Syria: More food

Most of our time in Syria we stayed at cheaper backpacker hotels, although nice and clean ones. Most of these hotels served the breakfast on a metal tray (charming, I imagine that is what you get in prison) with freshly baked bread, hardboiled egg, olives, butter, jam and a fruit. And tea or coffee with that. One of the hotels, which was a little bit more lika a B&B, served breakfast in the family dining room, and without the metal trays. Instead we had fresh smoothies, a few different kinds of Syrian pastries, baguettes and lots of different toppings. And hardboiled eggs of course.

B&B style brekkie

When we stayed at Beit Zafran, the nice hotel, the breakfast was amazing. My stomach was not great so I only had a little, but Christopher ate and ate.  

We sat on the rooftop terrace, that was covered, but the sun was still shining on us. It was only us and another two people having breakfast late, and the service was outstanding. Outstanding. The freshly squeezed orange juice was served in champagne flutes, and we had the choice of tea or coffee. We chose tea, and as soon as we had a sip or two the cup was refilled. They probably refilled our teacups six times in half an hour. The bread basket was filled with sliced baguettes and croissants straight from the oven. We had a croissant each and then new fresh ones appeared.

Apart from lots of different cheeses, vegetarian paté and jams, there was fruit slad, Syrian semolina, olives, dips and sauces, and probably a lot more. I forgot the camera in the room, and my sunglasses, but I hope the description will do. It was lovely!

The chef who we had cooked with a week before came to say hello and chat a little.
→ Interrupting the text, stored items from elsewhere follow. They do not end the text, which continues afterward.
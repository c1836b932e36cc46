-- ===== src/MsgPack/Encoder/Trees.antt =====
-- The encoder of src/core/vl_msgpack_io.c on a document.
use veritable_lasagna.Base.{ℕ}
use veritable_lasagna.MsgPack.Format.{Doc, Docs, Pairs}
use veritable_lasagna.MsgPack.Encoder.{Encoder, array_begin, array_end, map_begin, map_end}
use veritable_lasagna.MsgPack.Encoder.Values.{encode_item, encode_string}

-- vlMsgPackIOEncodeFromDOM on the document that the iterators read off.
unfoldable mutual
  pub encode_doc : (ℕ → ℕ) → Encoder → Doc → Encoder
  encode_doc raw enc (Doc.value item) = encode_item enc item
  encode_doc raw enc (Doc.array ds) = array_end (encode_docs raw (array_begin raw enc) ds)
  encode_doc raw enc (Doc.map ps) = map_end (encode_pairs raw (map_begin raw enc) ps)

  pub encode_docs : (ℕ → ℕ) → Encoder → Docs → Encoder
  encode_docs raw enc Docs.no_more = enc
  encode_docs raw enc (Docs.element d ds) = encode_docs raw (encode_doc raw enc d) ds

  pub encode_pairs : (ℕ → ℕ) → Encoder → Pairs → Encoder
  encode_pairs raw enc Pairs.end = enc
  encode_pairs raw enc (Pairs.pair k d ps) =
      encode_pairs raw (encode_doc raw (encode_string enc k) d) ps
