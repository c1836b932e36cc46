-- ===== src/MsgPack/Encoder/Integers.antt =====
-- The integers that src/core/vl_msgpack_io.c encodes.
use mathlib.Core.List.{append_assoc}
use veritable_lasagna.Base.{
  ℕ, ◌-◌, ◌%◌, ◌^◌, ◌<◌, ◌≡◌, inl, inr, refl, ap, true, List, [], ◌∷◌, ◌++◌, leb, arith, Bool-cases,
}
use veritable_lasagna.MsgPack.Bytes.{pos, negsuc, word_bytes, or_negative, or_positive}
use veritable_lasagna.MsgPack.Encoder.{Encoder, write, increment}
use veritable_lasagna.MsgPack.Encoder.Values.{encode_int, encode_uint}
use veritable_lasagna.MsgPack.Format.{uint_bytes, int_bytes}

pub write-write : (enc : Encoder) (xs ys : List ℕ) → write (write enc xs) ys ≡ write enc (xs ++ ys)
write-write enc xs ys = ap (λ z. record enc { buffer = z }) (append_assoc enc.buffer xs ys)

pub uint_lem :
    (enc : Encoder) (n : ℕ) → n < 2 ^ 64 → encode_uint enc n ≡ write (increment enc) (uint_bytes n)
unfolding encode_uint
uint_lem enc n h = elim (Bool-cases (leb n 255)) [
  | inl e ↦
      let small : n % 2 ^ 8 ≡ n = ground arith in
      rw (e, small) (write-write (increment enc) (0xCC ∷ []) (n ∷ []))
  | inr e ↦ elim (Bool-cases (leb n 65535)) [
    | inl f ↦
        let small : n % 2 ^ 16 ≡ n = ground arith in
        rw (e, f, small) (write-write (increment enc) (0xCD ∷ []) (word_bytes 2 n))
    | inr f ↦ elim (Bool-cases (leb n (2 ^ 32 - 1))) [
      | inl g ↦
          let small : n % 2 ^ 32 ≡ n = ground arith in
          rw (e, f, g, small) (write-write (increment enc) (0xCE ∷ []) (word_bytes 4 n))
      | inr g ↦ rw (e, f, g) (write-write (increment enc) (0xCF ∷ []) (word_bytes 8 n))
    ]
  ]
]

leb-zero : (n : ℕ) → leb 0 n ≡ true
leb-zero n = ground arith

pub int_pos_lem :
    (enc : Encoder) (n : ℕ)
    → n < 2 ^ 63
    → encode_int enc (pos n) ≡ write (increment enc) (int_bytes (pos n))
unfolding encode_int
int_pos_lem enc n h =
    let z = leb-zero n in
    elim (Bool-cases (leb n 127)) [
      | inl e ↦
          let small : n % 2 ^ 8 ≡ n = ground arith in
          rw (z, e, small, or_positive n (ground arith)) refl
      | inr e ↦ elim (Bool-cases (leb n 32767)) [
        | inl f ↦
            let small : n % 2 ^ 16 ≡ n = ground arith in
            rw (z, e, f, small) (write-write (increment enc) (0xD1 ∷ []) (word_bytes 2 n))
        | inr f ↦ elim (Bool-cases (leb n (2 ^ 31 - 1))) [
          | inl g ↦
              let small : n % 2 ^ 32 ≡ n = ground arith in
              rw (z, e, f, g, small) (write-write (increment enc) (0xD2 ∷ []) (word_bytes 4 n))
          | inr g ↦
              let small : n % 2 ^ 64 ≡ n = omega arith in
              rw (z, e, f, g, small) (write-write (increment enc) (0xD3 ∷ []) (word_bytes 8 n))
        ]
      ]
    ]

pub int_negsuc_lem :
    (enc : Encoder) (n : ℕ)
    → n < 2 ^ 63
    → encode_int enc (negsuc n) ≡ write (increment enc) (int_bytes (negsuc n))
unfolding encode_int
int_negsuc_lem enc n h =
    let z = leb-zero n in
    elim (Bool-cases (leb n 30)) [
      | inl e ↦
          let small : n % 2 ^ 8 ≡ n = ground arith in
          rw (z, e, small, or_negative n (ground arith)) refl
      | inr e ↦ elim (Bool-cases (leb n 126)) [
        | inl f ↦
            let small : n % 2 ^ 8 ≡ n = ground arith in
            rw (z, e, f, small) (write-write (increment enc) (0xD0 ∷ []) ((255 - n) ∷ []))
        | inr f ↦ elim (Bool-cases (leb n 32766)) [
          | inl g ↦
              let small : n % 2 ^ 16 ≡ n = ground arith in
              rw (z, e, f, g, small)
                (write-write (increment enc) (0xD1 ∷ []) (word_bytes 2 (65535 - n)))
          | inr g ↦ elim (Bool-cases (leb n (2 ^ 31 - 2))) [
            | inl k ↦
                let small : n % 2 ^ 32 ≡ n = ground arith in
                rw (z, e, f, g, k, small)
                  (write-write (increment enc) (0xD2 ∷ []) (word_bytes 4 (2 ^ 32 - 1 - n)))
            | inr k ↦
                let small : n % 2 ^ 64 ≡ n = omega arith in
                rw (z, e, f, g, k, small)
                  (write-write (increment enc) (0xD3 ∷ []) (word_bytes 8 (2 ^ 64 - 1 - n)))
          ]
        ]
      ]
    ]
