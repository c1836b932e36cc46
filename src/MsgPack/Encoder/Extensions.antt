-- ===== src/MsgPack/Encoder/Extensions.antt =====
-- The extensions that src/core/vl_msgpack_io.c encodes.
use veritable_lasagna.Base.{
  ℕ, ◌%◌, ◌^◌, ◌<◌, ◌≡◌, inl, inr, refl, sym, ap, ◌∙◌, false, List, [], ◌∷◌, ◌++◌, leb,
  if◌then◌else◌, arith, length, Bool-cases,
}
use veritable_lasagna.MsgPack.Bytes.{word_bytes, padded}
use veritable_lasagna.MsgPack.Encoder.{Encoder, write, increment, write_word}
use veritable_lasagna.MsgPack.Encoder.Values.{encode_fixext, encode_longext, encode_ext}
use veritable_lasagna.MsgPack.Format.{ext_header, ext_payload, not_short}
use veritable_lasagna.MsgPack.Encoder.Integers.{write-write}

-- What is written before the bytes of an extension that is longer than sixteen bytes.
ext_written :
    (enc : Encoder) (type n : ℕ)
    → n < 2 ^ 32
    → leb n 16 ≡ false
    → write
        (if leb n 0xFF
          then write (write enc (0xC7 ∷ [])) ((n % 2 ^ 8) ∷ [])
          else if leb n 0xFFFF
          then write_word enc 0xC8 2 (n % 2 ^ 16)
          else write_word enc 0xC9 4 (n % 2 ^ 32))
        (type ∷ [])
      ≡ write enc (ext_header type n)
ext_written enc type n h long =
    let a : leb n 1 ≡ false = ground arith in
    let b : leb n 2 ≡ false = ground arith in
    let c : leb n 4 ≡ false = ground arith in
    let d : leb n 8 ≡ false = ground arith in
    elim (Bool-cases (leb n 255)) [
      | inl f ↦
          let small : n % 2 ^ 8 ≡ n = ground arith in
          rw (a, b, c, d, long, f, small)
            (ap (λ z. write z (type ∷ [])) (write-write enc (0xC7 ∷ []) (n ∷ []))
              ∙ write-write enc (0xC7 ∷ n ∷ []) (type ∷ []))
      | inr f ↦ elim (Bool-cases (leb n 65535)) [
        | inl g ↦
            let small : n % 2 ^ 16 ≡ n = ground arith in
            rw (a, b, c, d, long, f, g, small)
              (ap (λ z. write z (type ∷ [])) (write-write enc (0xC8 ∷ []) (word_bytes 2 n))
                ∙ write-write enc (0xC8 ∷ word_bytes 2 n) (type ∷ []))
        | inr g ↦
            let small : n % 2 ^ 32 ≡ n = omega arith in
            rw (a, b, c, d, long, f, g, small)
              (ap (λ z. write z (type ∷ [])) (write-write enc (0xC9 ∷ []) (word_bytes 4 n))
                ∙ write-write enc (0xC9 ∷ word_bytes 4 n) (type ∷ []))
      ]
    ]

fixext_lem :
    (enc : Encoder) (tag n type : ℕ) (v : List ℕ)
    → encode_fixext enc tag n type v ≡ write enc ((tag ∷ type ∷ []) ++ padded n v)
unfolding encode_fixext
fixext_lem enc tag n type v =
    ap (λ z. write z (padded n v)) (write-write enc (tag ∷ []) (type ∷ []))
    ∙ write-write enc (tag ∷ type ∷ []) (padded n v)

ext_payload-long : (v : List ℕ) → leb (length v) 16 ≡ false → ext_payload v ≡ v
ext_payload-long v f = let (a, b, c, d) = not_short (length v) f in rw (a, b, c, d, f) refl

encode_ext-long :
    (enc : Encoder) (type : ℕ) (v : List ℕ)
    → leb (length v) 16 ≡ false
    → encode_ext enc type v ≡ encode_longext (increment enc) type v
unfolding encode_ext
encode_ext-long enc type v f = let (a, b, c, d) = not_short (length v) f in rw (a, b, c, d, f) refl

longext_lem :
    (enc : Encoder) (type : ℕ) (v : List ℕ)
    → length v < 2 ^ 32
    → leb (length v) 16 ≡ false
    → encode_longext enc type v ≡ write enc (ext_header type (length v) ++ v)
unfolding encode_longext
longext_lem enc type v h f =
    ap (λ z. write z v) (ext_written enc type (length v) h f)
    ∙ write-write enc (ext_header type (length v)) v

pub ext_lem :
    (enc : Encoder) (type : ℕ) (v : List ℕ)
    → length v < 2 ^ 32
    → encode_ext enc type v ≡ write (increment enc) (ext_header type (length v) ++ ext_payload v)
unfolding encode_ext
ext_lem enc type v h = elim (Bool-cases (leb (length v) 1)) [
  | inl e ↦ rw e (fixext_lem (increment enc) 0xD4 1 type v)
  | inr a ↦ elim (Bool-cases (leb (length v) 2)) [
    | inl e ↦ rw (a, e) (fixext_lem (increment enc) 0xD5 2 type v)
    | inr b ↦ elim (Bool-cases (leb (length v) 4)) [
      | inl e ↦ rw (a, b, e) (fixext_lem (increment enc) 0xD6 4 type v)
      | inr c ↦ elim (Bool-cases (leb (length v) 8)) [
        | inl e ↦ rw (a, b, c, e) (fixext_lem (increment enc) 0xD7 8 type v)
        | inr d ↦ elim (Bool-cases (leb (length v) 16)) [
          | inl e ↦ rw (a, b, c, d, e) (fixext_lem (increment enc) 0xD8 16 type v)
          | inr f ↦
              encode_ext-long enc type v f
              ∙ longext_lem (increment enc) type v h f
              ∙ ap (λ z. write (increment enc) (ext_header type (length v) ++ z))
                  (sym (ext_payload-long v f))
        ]
      ]
    ]
  ]
]
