-- ===== src/MsgPack/Encoder/Items.antt =====
-- The calls of the encoder of src/core/vl_msgpack_io.c write single values in their format.
use Prim.Native.Nat.{bit_or, bit_and}
use veritable_lasagna.Base.{
  ℕ, ◌%◌, ◌^◌, ◌<◌, ◌≡◌, inl, inr, refl, ap, ◌∙◌, List, [], ◌∷◌, ◌++◌, leb, if◌then◌else◌, arith,
  length, Bool-cases,
}
use veritable_lasagna.MsgPack.Bytes.{pos, negsuc, word_bytes, or_string}
use veritable_lasagna.MsgPack.Encoder.{Encoder, write, increment, write_word}
use veritable_lasagna.MsgPack.Encoder.Values.{
  encode_nil, encode_bool, encode_string, encode_float32, encode_float64, encode_binary,
  encode_item,
}
use veritable_lasagna.MsgPack.Format.{
  Item, nil, boolean, integer, uinteger, float32, float64, string, binary, ext, string_header,
  binary_header, item_bytes, InRange,
}
use veritable_lasagna.MsgPack.Encoder.Integers.{write-write, uint_lem, int_pos_lem, int_negsuc_lem}
use veritable_lasagna.MsgPack.Encoder.Extensions.{ext_lem}

-- What is written before the bytes of a string of `n` bytes.
string_written :
    (enc : Encoder) (n : ℕ)
    → n < 2 ^ 32
    → (if leb n 0x1F
        then write enc (bit_or 0xA0 (bit_and (n % 2 ^ 8) 0x1F) ∷ [])
        else if leb n 0xFF
        then write (write enc (0xD9 ∷ [])) ((n % 2 ^ 8) ∷ [])
        else if leb n 0xFFFF
        then write_word enc 0xDA 2 (n % 2 ^ 16)
        else write_word enc 0xDB 4 (n % 2 ^ 32))
      ≡ write enc (string_header n)
string_written enc n h = elim (Bool-cases (leb n 31)) [
  | inl e ↦
      let small : n % 2 ^ 8 ≡ n = ground arith in rw (e, small, or_string n (ground arith)) refl
  | inr e ↦ elim (Bool-cases (leb n 255)) [
    | inl f ↦
        let small : n % 2 ^ 8 ≡ n = ground arith in
        rw (e, f, small) (write-write enc (0xD9 ∷ []) (n ∷ []))
    | inr f ↦ elim (Bool-cases (leb n 65535)) [
      | inl g ↦
          let small : n % 2 ^ 16 ≡ n = ground arith in
          rw (e, f, g, small) (write-write enc (0xDA ∷ []) (word_bytes 2 n))
      | inr g ↦
          let small : n % 2 ^ 32 ≡ n = omega arith in
          rw (e, f, g, small) (write-write enc (0xDB ∷ []) (word_bytes 4 n))
    ]
  ]
]

string_lem :
    (enc : Encoder) (v : List ℕ)
    → length v < 2 ^ 32
    → encode_string enc v ≡ write (increment enc) (string_header (length v) ++ v)
unfolding encode_string
string_lem enc v h =
    ap (λ z. write z v) (string_written (increment enc) (length v) h)
    ∙ write-write (increment enc) (string_header (length v)) v

binary_written :
    (enc : Encoder) (n : ℕ)
    → n < 2 ^ 32
    → (if leb n 0xFF
        then write (write enc (0xC4 ∷ [])) ((n % 2 ^ 8) ∷ [])
        else if leb n 0xFFFF
        then write_word enc 0xC5 2 (n % 2 ^ 16)
        else write_word enc 0xC6 4 (n % 2 ^ 32))
      ≡ write enc (binary_header n)
binary_written enc n h = elim (Bool-cases (leb n 255)) [
  | inl f ↦
      let small : n % 2 ^ 8 ≡ n = ground arith in
      rw (f, small) (write-write enc (0xC4 ∷ []) (n ∷ []))
  | inr f ↦ elim (Bool-cases (leb n 65535)) [
    | inl g ↦
        let small : n % 2 ^ 16 ≡ n = ground arith in
        rw (f, g, small) (write-write enc (0xC5 ∷ []) (word_bytes 2 n))
    | inr g ↦
        let small : n % 2 ^ 32 ≡ n = omega arith in
        rw (f, g, small) (write-write enc (0xC6 ∷ []) (word_bytes 4 n))
  ]
]

binary_lem :
    (enc : Encoder) (v : List ℕ)
    → length v < 2 ^ 32
    → encode_binary enc v ≡ write (increment enc) (binary_header (length v) ++ v)
unfolding encode_binary
binary_lem enc v h =
    ap (λ z. write z v) (binary_written (increment enc) (length v) h)
    ∙ write-write (increment enc) (binary_header (length v)) v

-- The call that encodes a value in the ranges of the C types appends its bytes in the format and
-- counts one element in the frame on top.
pub encode_item_lem :
    (enc : Encoder) (item : Item)
    → InRange item
    → encode_item enc item ≡ write (increment enc) (item_bytes item)
unfolding encode_item encode_nil encode_bool encode_float32 encode_float64
encode_item_lem enc nil r = refl
encode_item_lem enc (boolean b) r = refl
encode_item_lem enc (integer (pos n)) r = int_pos_lem enc n r
encode_item_lem enc (integer (negsuc n)) r = int_negsuc_lem enc n r
encode_item_lem enc (uinteger n) r = uint_lem enc n r
encode_item_lem enc (float32 bits) r = write-write (increment enc) (0xCA ∷ []) (word_bytes 4 bits)
encode_item_lem enc (float64 bits) r = write-write (increment enc) (0xCB ∷ []) (word_bytes 8 bits)
encode_item_lem enc (string v) r = string_lem enc v r
encode_item_lem enc (binary v) r = binary_lem enc v r
encode_item_lem enc (ext type v) r = ext_lem enc type v r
A nice touch, and all of the staff seemed genuinely nice. 

When we didn’t order mezze in nice restaurants, we went crazy for the schwarma. So tasty! The crispy outside is the best bit. The best schwarma place we found in the otherwise quite boring town of Hama. We just stumbled upon it, saw how popular it was and were not disappointed! Second best was a place behind the Umayyad mosque in Damascus. They recognised us in the end and let us pay after we’ve eaten instead of before, because it was quite likely that Christopher would have a second one.

Some days we planned poorly and couldn’t find lunch when we were somewhere remote, so we always tried to have some snacks in our bags.

We also tried Western food. When my stomach was really bad I thought food I was more used to would upset my stomach less. We found a nice Italian restaurant that was recommended on a blog, so we had pizza. It was really nice, but a bit too cheesy.

This is the last blog post about Syrian food. For now. I’ll come back when I have started cooking Middle Eastern food myself.